• [Exercise inputs]:
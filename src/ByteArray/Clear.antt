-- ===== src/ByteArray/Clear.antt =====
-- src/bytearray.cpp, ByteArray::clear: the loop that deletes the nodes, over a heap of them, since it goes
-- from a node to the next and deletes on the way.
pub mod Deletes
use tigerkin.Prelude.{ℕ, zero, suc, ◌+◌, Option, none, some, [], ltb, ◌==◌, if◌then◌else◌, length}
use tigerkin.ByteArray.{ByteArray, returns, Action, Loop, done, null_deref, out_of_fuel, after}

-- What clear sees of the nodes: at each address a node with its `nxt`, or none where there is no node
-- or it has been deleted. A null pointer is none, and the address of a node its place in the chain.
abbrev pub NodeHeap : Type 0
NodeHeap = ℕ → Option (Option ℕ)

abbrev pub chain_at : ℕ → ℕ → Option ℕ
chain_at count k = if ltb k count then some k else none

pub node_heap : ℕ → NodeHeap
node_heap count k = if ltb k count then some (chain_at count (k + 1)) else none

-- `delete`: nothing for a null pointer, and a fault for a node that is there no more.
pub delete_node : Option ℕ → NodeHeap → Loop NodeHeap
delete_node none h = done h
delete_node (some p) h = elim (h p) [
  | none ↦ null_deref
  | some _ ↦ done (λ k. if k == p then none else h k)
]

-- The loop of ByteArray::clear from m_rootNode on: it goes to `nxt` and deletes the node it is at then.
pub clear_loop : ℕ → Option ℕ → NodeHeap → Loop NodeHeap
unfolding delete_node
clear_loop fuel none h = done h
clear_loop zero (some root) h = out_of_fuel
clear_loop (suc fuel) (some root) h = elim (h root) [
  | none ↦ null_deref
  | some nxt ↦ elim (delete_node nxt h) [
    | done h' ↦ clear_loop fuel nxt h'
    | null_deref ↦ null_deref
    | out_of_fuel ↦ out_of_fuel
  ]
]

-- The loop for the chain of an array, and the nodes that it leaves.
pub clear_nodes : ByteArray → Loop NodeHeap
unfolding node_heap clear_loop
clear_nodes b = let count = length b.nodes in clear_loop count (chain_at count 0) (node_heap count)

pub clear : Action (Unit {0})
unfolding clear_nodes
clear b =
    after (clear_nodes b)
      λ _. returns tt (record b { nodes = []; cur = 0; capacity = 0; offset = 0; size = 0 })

• [What the task asks]: For this exercise, please output exactly the lines above starting at the line with "-- The loop of" and ending at the line with "clear_loop zero (some root) h = out_of_fuel", ends included.

• [Reply]:
-- The loop of ByteArray::clear from m_rootNode on: it goes to `nxt` and deletes the node it is at then.
pub clear_loop : ℕ → Option ℕ → NodeHeap → Loop NodeHeap
unfolding delete_node
clear_loop fuel none h = done h
clear_loop zero (some root) h = out_of_fuel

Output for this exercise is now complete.